The opposite of activating is deactivating, which informs the runtime that the previously activated context (if it was activated, if not, nothing happens) should no longer be active. Any behavior that was depending on the context will no longer have access to that context, so if its existence was required for the behavior to function, then the behavior will be terminated, and any relationships formed between other contexts due to that behavior are broken.

Deactivation is done in the same manner as activation, [generally being](#user-content-fn-2)[^2]:

```
deactivate "some context"
```

Knowing that `Console Output` will update the console display with its contents if it is activated, then it can be expected that the console won't continue to update if `Console Output` is deactivated:

```
Output Hello World :: 
    operation when initialized?
        activate output is Console Output [messages ["Hello World!"]],
        output(messages) is itself + "This is a second message.",
        
        await output,  `Wait for the behavior to update for the new message.`
        
        deactivate output,
        output(messages) is itself + "This message won't be printed.".
```

The above code will deactivate `output`, after the first two messages are printed, which will prevent the console printing behavior from outputting the last message, as would have happened once the operation completed. Besides that, there are a couple of new concepts in this code.

The keyword `itself` is seen when updating the value of `output(messages)`. When used as part of an [assignment statement](#user-content-fn-8)[^8] `itself` refers to the value being assigned to. It's a shorthand, in some cases, to updating a value that changes with reference to its previous state.

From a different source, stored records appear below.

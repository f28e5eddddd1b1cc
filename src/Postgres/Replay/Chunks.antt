-- ===== src/Postgres/Replay/Chunks.antt =====
-- TCP may cut a driver's stream anywhere: the replay server does not notice.
use cognivox_record.Prelude.{
  ◌≡◌, refl, sym, ◌∙◌, ap, Bool, true, false, List, [], ◌∷◌, ◌++◌, append_assoc, Option, none, some,
  ◌>>=◌, >>=-eq-some, some_inj, ◌==◌, if◌then◌else◌,
}
use cognivox_record.Text.Utf8.{Bytes}
use cognivox_record.Framing.{Consumed, consume}
use cognivox_record.Framing.Chunks.{resume, consume-append}
use cognivox_record.Framing.Invariant.{consume-invariant, consume-unfaulted}
use cognivox_record.Postgres.Messages.{PostgresFrame, read_frame, read_bind_parameters}
use cognivox_record.Postgres.Messages.Reader.{read_frame-IsReader, read_frame-ne_fault}
use cognivox_record.Postgres.Encoder.{ready_for_query}
use cognivox_record.Postgres.Replay.Server.{
  Session, Served, Connection, concat_buffers, write, on_query, on_parse, on_bind, on_describe,
  on_execute, handle_frame, keep, serve_frames, on_data,
}

write-session :
    (s t : Served) (ms : List (Option Bytes)) → write s ms ≡ some t → t.session ≡ s.session
unfolding write
write-session s t ms e =
    let (b, made, f) = >>=-eq-some (concat_buffers ms) _ e in
    ap (λ (u : Served). u.session) (sym (some_inj f))

-- A step keeps the connection started.
abbrev Keeps : Served → Option Served → Type 0
Keeps s o = (t : Served) → o ≡ some t → t.session.started ≡ s.session.started

if-Keeps :
    (s : Served) (b : Bool) (x y : Option Served)
    → Keeps s x
    → Keeps s y
    → Keeps s (if b then x else y)
if-Keeps s true x y h k = h
if-Keeps s false x y h k = k

write-Keeps : (s : Served) (ms : List (Option Bytes)) → Keeps s (write s ms)
write-Keeps s ms t e = ap (λ (u : Session). u.started) (write-session s t ms e)

on_bind-Keeps : (s : Served) (payload : Bytes) → Keeps s (on_bind s payload)
unfolding on_bind
on_bind-Keeps s payload t e =
    let (ps, read, f) = >>=-eq-some (read_bind_parameters payload) _ e in write-Keeps _ _ t f

on_query-Keeps : (s : Served) (payload : Bytes) → Keeps s (on_query s payload)
unfolding on_query
on_query-Keeps s payload t e = ap (λ (u : Session). u.started) (write-session _ t _ e)

on_parse-Keeps : (s : Served) (payload : Bytes) → Keeps s (on_parse s payload)
unfolding on_parse
on_parse-Keeps s payload t e = ap (λ (u : Session). u.started) (write-session _ t _ e)

on_describe-Keeps : (s : Served) → Keeps s (on_describe s)
unfolding on_describe
on_describe-Keeps s t e = ap (λ (u : Session). u.started) (write-session _ t _ e)

on_execute-Keeps : (s : Served) → Keeps s (on_execute s)
unfolding on_execute
on_execute-Keeps s t e = ap (λ (u : Session). u.started) (write-session _ t _ e)

-- No frame takes a started session back.
handle_frame-Keeps : (s : Served) (f : PostgresFrame) → Keeps s (handle_frame s f)
unfolding handle_frame
handle_frame-Keeps s f =
    if-Keeps s (f.type == b'Q') (on_query s f.payload) _ (on_query-Keeps s f.payload) (
      if-Keeps s (f.type == b'P') (on_parse s f.payload) _ (on_parse-Keeps s f.payload) (
        if-Keeps s (f.type == b'B') (on_bind s f.payload) _ (on_bind-Keeps s f.payload) (
          if-Keeps s (f.type == b'D') (on_describe s) _ (on_describe-Keeps s) (
            if-Keeps s (f.type == b'E') (on_execute s) _ (on_execute-Keeps s) (
              if-Keeps s (f.type == b'S') (write s (ready_for_query ∷ [])) (some s)
                (write-Keeps s (ready_for_query ∷ []))
                (λ t e. ap (λ (u : Served). u.session.started) (sym (some_inj e))))))))

abbrev step : Option Served → PostgresFrame → Option Served
step o f = o >>= λ t. handle_frame t f

abbrev IsStarted : Option Served → Type 0
IsStarted o = (t : Served) → o ≡ some t → t.session.started ≡ true

step-IsStarted : (o : Option Served) (f : PostgresFrame) → IsStarted o → IsStarted (step o f)
step-IsStarted none f h t e = h t e
step-IsStarted (some s) f h t e = handle_frame-Keeps s f t e ∙ h s refl

step-none : (o : Option Served) (f : PostgresFrame) → o ≡ none → step o f ≡ none
step-none o f e = rw e refl

-- A connection whose greeting has been sent is served frame by frame.
on_data_started :
    (c : Connection) (chunk : Bytes)
    → c.served.session.started ≡ true
    → on_data c chunk ≡ serve_frames c.served (c.buffered ++ chunk)
unfolding on_data
on_data_started c chunk h = rw h refl

keep-resume :
    (o : Option Served) (rest y : Bytes)
    → IsStarted o
    → keep (consume read_frame step o (rest ++ y))
      ≡ (keep (record { state = o; rest = rest; faulted = false }) >>= λ t. on_data t y)
unfolding keep serve_frames
keep-resume none rest y h =
    ap
      (λ o. o >>= λ s.
        some (record { buffered = (consume read_frame step none (rest ++ y)).rest; served = s }))
      (consume-invariant read_frame step (λ o. o ≡ none) none (rest ++ y) step-none refl)
keep-resume (some s) rest y h =
    sym (on_data_started (record { buffered = rest; served = s }) y (h s refl))

resume-unfaulted :
    (r : Consumed (Option Served)) (y : Bytes)
    → r.faulted ≡ false
    → resume read_frame-IsReader step r y ≡ consume read_frame step r.state (r.rest ++ y)
resume-unfaulted r y e = rw e refl

-- Once the greeting has been sent, a driver's bytes that arrive in two chunks are answered as if
-- they had arrived in one, in the same messages and with the same exceptions.
pub on_data-append_started :
    (c : Connection) (x y : Bytes)
    → c.served.session.started ≡ true
    → on_data c (x ++ y) ≡ (on_data c x >>= λ t. on_data t y)
unfolding serve_frames keep
on_data-append_started c x y h =
    let b = c.buffered ++ x in
    let r = consume read_frame step (some c.served) b in
    let kept : IsStarted r.state =
      consume-invariant read_frame step IsStarted (some c.served) b step-IsStarted
        (λ t e. ap (λ (u : Served). u.session.started) (sym (some_inj e)) ∙ h) in
    let whole : r.faulted ≡ false =
      consume-unfaulted read_frame step (some c.served) b read_frame-ne_fault in
    on_data_started c (x ++ y) h
    ∙ ap (λ z. keep (consume read_frame step (some c.served) z)) (sym (append_assoc c.buffered x y))
    ∙ ap keep
        (consume-append read_frame-IsReader step (some c.served) b y ∙ resume-unfaulted r y whole)
    ∙ keep-resume r.state r.rest y kept
    ∙ ap (λ o. o >>= λ t. on_data t y) (sym (on_data_started c x h))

The second is `await`. While there is a comment in the code describing what that line is doing, it's worth noting that in general `await` will allow any pending reactive evaluations of the subsequent context(s) to occur before this operation continues. In this specific case, the only pending reactive evaluation is the console printing behavior updating the display for the change to `messages` as shown in the line directly before `await`.

[^1]: Meaning that behavior operations can be performed automatically if a behavior's context(s) change in some way.

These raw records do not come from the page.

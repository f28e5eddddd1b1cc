-- ===== src/Postgres/Replay/Unrecorded.antt =====
-- A statement that the recording does not have.
use cognivox_record.Prelude.{
  ◌≡◌, refl, sym, ◌∙◌, ap, Bool, true, false, ◌||◌, List, [], ◌∷◌, ◌++◌, append-nil, Option, none,
  some,
}
use cognivox_record.Text.Utf8.{Text, Bytes}
use cognivox_record.Text.Words.{equal_refl}
use cognivox_record.Dict.{get, add, contains, contains-add}
use cognivox_record.Interaction.{Row}
use cognivox_record.Postgres.Messages.{read_cstring}
use cognivox_record.Postgres.Encoder.{cstring, error_response, ready_for_query}
use cognivox_record.Postgres.Encoder.RoundTrip.{IsName, read_cstring-cstring}
use cognivox_record.Postgres.Replay.{
  normalise, signature_of, PostgresReplay, RecordedResult, take_loose, choose, lookup, result_for,
  count,
}
use cognivox_record.Postgres.Replay.Server.{
  Served, no_recording, concat_buffers, messages_for, answer_for, write, on_query, handle_frame,
}

contains-add_same : (k : Text) (s : List Text) → contains k (add k s) ≡ true
contains-add_same k s = contains-add k k s ∙ ap (λ b. contains k s || b) (equal_refl k) ∙ or_true _
  where
    or_true : (b : Bool) → (b || true) ≡ true
    or_true true = refl
    or_true false = refl

take_loose-matched_count :
    (r : PostgresReplay) (name : Text) (o : Option (List RecordedResult))
    → (take_loose r name o).1.matched_count ≡ r.matched_count
unfolding take_loose
take_loose-matched_count r name none = refl
take_loose-matched_count r name (some vs) = refl

choose-matched_count :
    (r : PostgresReplay) (key name : Text) (o : Option (List RecordedResult))
    → (choose r key name o).1.matched_count ≡ r.matched_count
unfolding choose
choose-matched_count r key name none = take_loose-matched_count r name (get name r.by_sql)
choose-matched_count r key name (some []) = take_loose-matched_count r name (get name r.by_sql)
choose-matched_count r key name (some (w ∷ ws)) = refl

-- A statement without a recording is not counted as matched, and is listed as missing.
pub result_for-none :
    (r : PostgresReplay) (sql : Text) (params : Row)
    → (lookup r sql params).0 ≡ none
    → ((result_for r sql params).0 ≡ none)
      × ((result_for r sql params).1.matched_count ≡ r.matched_count)
      × (contains (normalise sql) (result_for r sql params).1.missing ≡ true)
unfolding result_for count lookup
result_for-none r sql params h = (
  h,
  rw h (
      choose-matched_count r (signature_of sql params) (normalise sql)
        (get (signature_of sql params) r.by_signature)),
  rw h (contains-add_same (normalise sql) _),
)

on_query-none :
    (s : Served) (payload : Bytes) (sql : Text) {b : Bytes}
    → (read_cstring payload).0 ≡ sql
    → (result_for s.replay sql []).0 ≡ none
    → concat_buffers (error_response (no_recording sql) ∷ ready_for_query ∷ []) ≡ some b
    → on_query s payload
      ≡ some (record {
        replay = (result_for s.replay sql []).1;
        session = record s.session { sql = sql; params = [] };
        written = s.written ++ (b ∷ []);
      })
unfolding on_query answer_for messages_for write
on_query-none s payload sql e h m = rw (e, h, m) refl

-- A simple query without a recording, whatever the state of the replay, is answered in one write by
-- an ErrorResponse that names the normalised statement and by ReadyForQuery, never by rows; the
-- statement is listed as missing and the count of matched statements stays.
pub unrecorded_query :
    (s : Served) (sql : Text) {b : Bytes}
    → IsName sql
    → (lookup s.replay sql []).0 ≡ none
    → concat_buffers (error_response (no_recording sql) ∷ ready_for_query ∷ []) ≡ some b
    → (t : Served) × (handle_frame s (record { type = b'Q'; payload = cstring sql }) ≡ some t)
      × (t.written ≡ s.written ++ (b ∷ []))
      × (t.replay.matched_count ≡ s.replay.matched_count)
      × (contains (normalise sql) t.replay.missing ≡ true)
unfolding handle_frame
unrecorded_query s sql {b} h missing m =
    let (none_found, count_kept, listed) = result_for-none s.replay sql [] missing in
    let read : (read_cstring (cstring sql)).0 ≡ sql =
      ap (λ p. (read_cstring p).0) (sym (append-nil (cstring sql)))
      ∙ ap (λ p. p.0) (read_cstring-cstring sql [] h) in
    (
      record {
        replay = (result_for s.replay sql []).1;
        session = record s.session { sql = sql; params = [] };
        written = s.written ++ (b ∷ []);
      },
      on_query-none s (cstring sql) sql read none_found m,
      refl,
      count_kept,
      listed,
    )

[^2]: As before, text within double quotations here would be replaced by text meaningful to an actual declaration, in this case, the name of an actual context instance.

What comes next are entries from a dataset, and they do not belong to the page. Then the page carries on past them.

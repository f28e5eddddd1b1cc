-- ===== src/Postgres/Session.antt =====
-- One simple query through the recorder, in the bytes of both sides.
use cognivox_record.Prelude.{
  ℕ, suc, ◌≡◌, refl, sym, ◌∙◌, ap, Bool, true, false, List, [], ◌∷◌, ◌++◌, append-nil, append_assoc,
  Option, none, some, ◌>>=◌, >>=-eq-some, some_inj, All,
}
use cognivox_record.Prelude.Int.{sub_ℕ}
use cognivox_record.Text.Utf8.{Text, Bytes}
use cognivox_record.Framing.{Consumed, consume}
use cognivox_record.Framing.Loop.{consume_partial}
use cognivox_record.Interaction.{PostgresColumn, Row, result_set, postgres}
use cognivox_record.Postgres.Messages.{read_frame, read_cstring}
use cognivox_record.Postgres.Messages.Reader.{read_frame-IsReader}
use cognivox_record.Postgres.Encoder.{message, cstring, ready_for_query}
use cognivox_record.Postgres.Encoder.RoundTrip.{IsName, IsText, read_cstring-cstring}
use cognivox_record.Postgres.Recorder.{
  running, Query, PostgresRecorder, on_client_frame, handle_client_frame, start_clock, read_client,
  read_server, on_client_data, on_server_data, on_server_frame, handle_server_frame,
}
use cognivox_record.Postgres.Recorder.Chunks.{
  on_client_data_running, on_server_data_running, close_client_quiet, close_server_quiet,
}
use cognivox_record.Postgres.Recorded.{consume-message, reading, answered, record_replayed}
use cognivox_record.Postgres.Replay.Server.{concat_buffers, messages_for}

-- The answers that are written together, and the ones behind them.
buffers_apart :
    (xs ys : List (Option Bytes)) {b : Bytes}
    → concat_buffers (xs ++ ys) ≡ some b
    → (x : Bytes) × (y : Bytes) × (concat_buffers xs ≡ some x)
      × (concat_buffers ys ≡ some y)
      × (x ++ y ≡ b)
unfolding concat_buffers
buffers_apart [] ys {b} h = ([], b, refl, h, refl)
buffers_apart (o ∷ xs) ys {b} h =
    let (m, first, n) = >>=-eq-some o _ h in
    let (rest, others, made) = >>=-eq-some (concat_buffers (xs ++ ys)) _ n in
    let (x, y, ex, ey, e) = buffers_apart xs ys others in
    (
      m ++ x,
      y,
      ap (λ o. o >>= λ z. concat_buffers xs >>= λ zs. some (z ++ zs)) first
          ∙ ap (λ o. o >>= λ zs. some (m ++ zs)) ex,
      ey,
      append_assoc m x y ∙ ap (λ r. m ++ r) e ∙ some_inj made,
    )

-- What the replay writes for a simple query with a result.
abbrev pub answer_to : Text → List PostgresColumn → List Row → Text → Option Bytes
answer_to sql cs rs tag = concat_buffers (
    messages_for sql true (some (record { columns = cs; rows = rs; tag = tag; error = none }))
    ++ (ready_for_query ∷ []))

module _ (clock : ℕ → ℕ) where
  -- A plaintext connection with no statement under way and nothing buffered.
  abbrev pub idle : Query → Bool → PostgresRecorder
  idle q encrypted_once = record {
    client_buffer = [];
    server_buffer = [];
    phase = running;
    query = reading clock q [] [];
    was_encrypted = encrypted_once;
  }

  abbrev pub asked : Query → Text → Query
  asked q sql = record q {
    current_sql = sql;
    current_params = [];
    started_at = clock q.readings;
    readings = suc q.readings;
  }

  client_query :
      (q : Query) (sql : Text)
      → IsName sql
      → on_client_frame clock
          (reading clock q [] [])
          (record { type = b'Q'; payload = cstring sql })
        ≡ reading clock (asked q sql) [] []
  unfolding on_client_frame handle_client_frame start_clock
  client_query q sql h =
      let read : (read_cstring (cstring sql)).0 ≡ sql =
        ap (λ p. (read_cstring p).0) (sym (append-nil (cstring sql)))
        ∙ ap (λ p. p.0) (read_cstring-cstring sql [] h) in
      rw read refl

  client_sends :
      (q : Query) (e : Bool) (sql : Text) {m : Bytes}
      → IsName sql
      → message b'Q' (cstring sql) ≡ some m
      → on_client_data clock (idle q e) m ≡ (idle (asked q sql) e, false)
  unfolding read_client
  client_sends q e sql {m} h made =
      let f = on_client_frame clock in
      let run : consume read_frame f (reading clock q [] []) m
          ≡ record { state = reading clock (asked q sql) [] []; rest = []; faulted = false } =
        ap (consume read_frame f (reading clock q [] [])) (sym (append-nil m))
        ∙ consume-message f (reading clock q [] []) b'Q' (cstring sql) [] made
        ∙ ap (λ s. consume read_frame f s []) (client_query q sql h)
        ∙ consume_partial read_frame-IsReader f (reading clock (asked q sql) [] []) []
            read_frame-IsReader.empty in
      on_client_data_running clock (idle q e) m refl
      ∙ close_client_quiet clock (idle q e) m (consume read_frame f (reading clock q [] []) m)
          (ap (λ (r : Consumed Query). r.state.threw) run)
      ∙ ap
          (λ (r : Consumed Query).
            (record (idle q e) { client_buffer = r.rest; query = r.state }, false))
          run

  -- `ReadyForQuery` changes nothing of what is recorded.
  ready_passes :
      (q : Query) {b : Bytes}
      → q.threw ≡ false
      → concat_buffers (ready_for_query ∷ []) ≡ some b
      → consume read_frame (on_server_frame clock) q b
        ≡ record { state = q; rest = []; faulted = false }
  unfolding concat_buffers on_server_frame handle_server_frame
  ready_passes q {b} t m =
      let f = on_server_frame clock in
      let (x, made, n) = >>=-eq-some ready_for_query _ m in
      let same : b ≡ x ++ [] = sym (some_inj n) in
      let kept : f q (record { type = b'Z'; payload = b'I' ∷ [] }) ≡ q = rw t refl in
      ap (consume read_frame f q) same
      ∙ consume-message f q b'Z' (b'I' ∷ []) [] made
      ∙ ap (λ s. consume read_frame f s []) kept
      ∙ consume_partial read_frame-IsReader f q [] read_frame-IsReader.empty

  server_answers :
      (q : Query) (e : Bool) (c : ℕ) (sql tag : Text) (cs : List PostgresColumn) (rs : List Row)
      {b : Bytes}
      → q.current_sql ≡ c ∷ sql
      → IsName tag
      → All (λ c. IsName c.name) cs
      → All (All IsText) rs
      → answer_to (c ∷ sql) cs rs tag ≡ some b
      → on_server_data clock (idle q e) b ≡ (idle (answered clock q (c ∷ sql) cs rs tag) e, false)
  unfolding read_server
  server_answers q e c sql tag cs rs {b} h t n v m =
      let f = on_server_frame clock in
      let (x, y, result, ready, whole) = buffers_apart _ (ready_for_query ∷ []) m in
      let run : consume read_frame f (reading clock q [] []) b
          ≡ record { state = answered clock q (c ∷ sql) cs rs tag; rest = []; faulted = false } =
        ap (consume read_frame f (reading clock q [] [])) (sym whole)
        ∙ record_replayed clock q true cs rs c sql tag y h t n v result
        ∙ ready_passes (answered clock q (c ∷ sql) cs rs tag) refl ready in
      on_server_data_running clock (idle q e) b refl
      ∙ close_server_quiet clock (idle q e) b (consume read_frame f (reading clock q [] []) b)
          (ap (λ (r : Consumed Query). r.state.threw) run)
      ∙ ap
          (λ (r : Consumed Query).
            (record (idle q e) { server_buffer = r.rest; query = r.state }, false))
          run

  -- A simple query with one result, without an error, on a plaintext connection: when the client's
  -- message and the answer have passed, RowDescription where there are columns, a DataRow for each
  -- row, CommandComplete and ReadyForQuery, neither call has thrown, no byte is held back, and exactly
  -- one interaction has been added: the statement, no parameters, the columns, rows and tag, and the
  -- time between the two clock readings.
  pub simple_query_recorded :
      (q : Query) (e : Bool) (c : ℕ) (sql tag : Text) (cs : List PostgresColumn) (rs : List Row)
      {m b : Bytes}
      → IsName (c ∷ sql)
      → IsName tag
      → All (λ c. IsName c.name) cs
      → All (All IsText) rs
      → message b'Q' (cstring (c ∷ sql)) ≡ some m
      → answer_to (c ∷ sql) cs rs tag ≡ some b
      → (t : PostgresRecorder) × (on_client_data clock (idle q e) m
          ≡ (idle (asked q (c ∷ sql)) e, false))
        × (on_server_data clock (idle (asked q (c ∷ sql)) e) b ≡ (t, false))
        × (t.client_buffer ≡ [])
        × (t.server_buffer ≡ [])
        × (t.query.completed
            ≡ q.completed
              ++ (postgres
                    (c ∷ sql)
                    []
                    (result_set cs rs tag)
                    (sub_ℕ (clock (suc q.readings)) (clock q.readings))
                  ∷ []))
  simple_query_recorded q e c sql tag cs rs h t n v sent received = (
    idle (answered clock (asked q (c ∷ sql)) (c ∷ sql) cs rs tag) e,
    client_sends q e (c ∷ sql) h sent,
    server_answers (asked q (c ∷ sql)) e c sql tag cs rs refl t n v received,
    refl,
    refl,
    refl,
  )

[^3]: A List in programming is a one-dimensional collection that can rather easily have items added and removed from it, much like an everyday list.

[^4]: IDE stands for Interactive Development Environment. These are software that parses a codebase and can inform a programmer about the code they are working with and also simplify a number of tasks that a programmer may wish to perform on the codebase.

[^5]: A dependency is any construct required by another construct for the latter to function as expected. All required contexts of a behavior or operation are dependencies. Some control flow qualifiers can also define dependencies with other operations.

[^6]: Both of these are appended to the `Messages` list in their own way, as the result of user input.

[^7]: A new line, coded most often as `\n` in a string, is the same as using the `Enter` key when typing in a word document. The current line of text will end, and the cursor will move to the next row to type any new text. It functions the same when printing to the console.

[^8]: Any statement with `is` is an assignment statement, which is to say that the result of the right-side of `is` will be assigned to the variable specified on the left-side.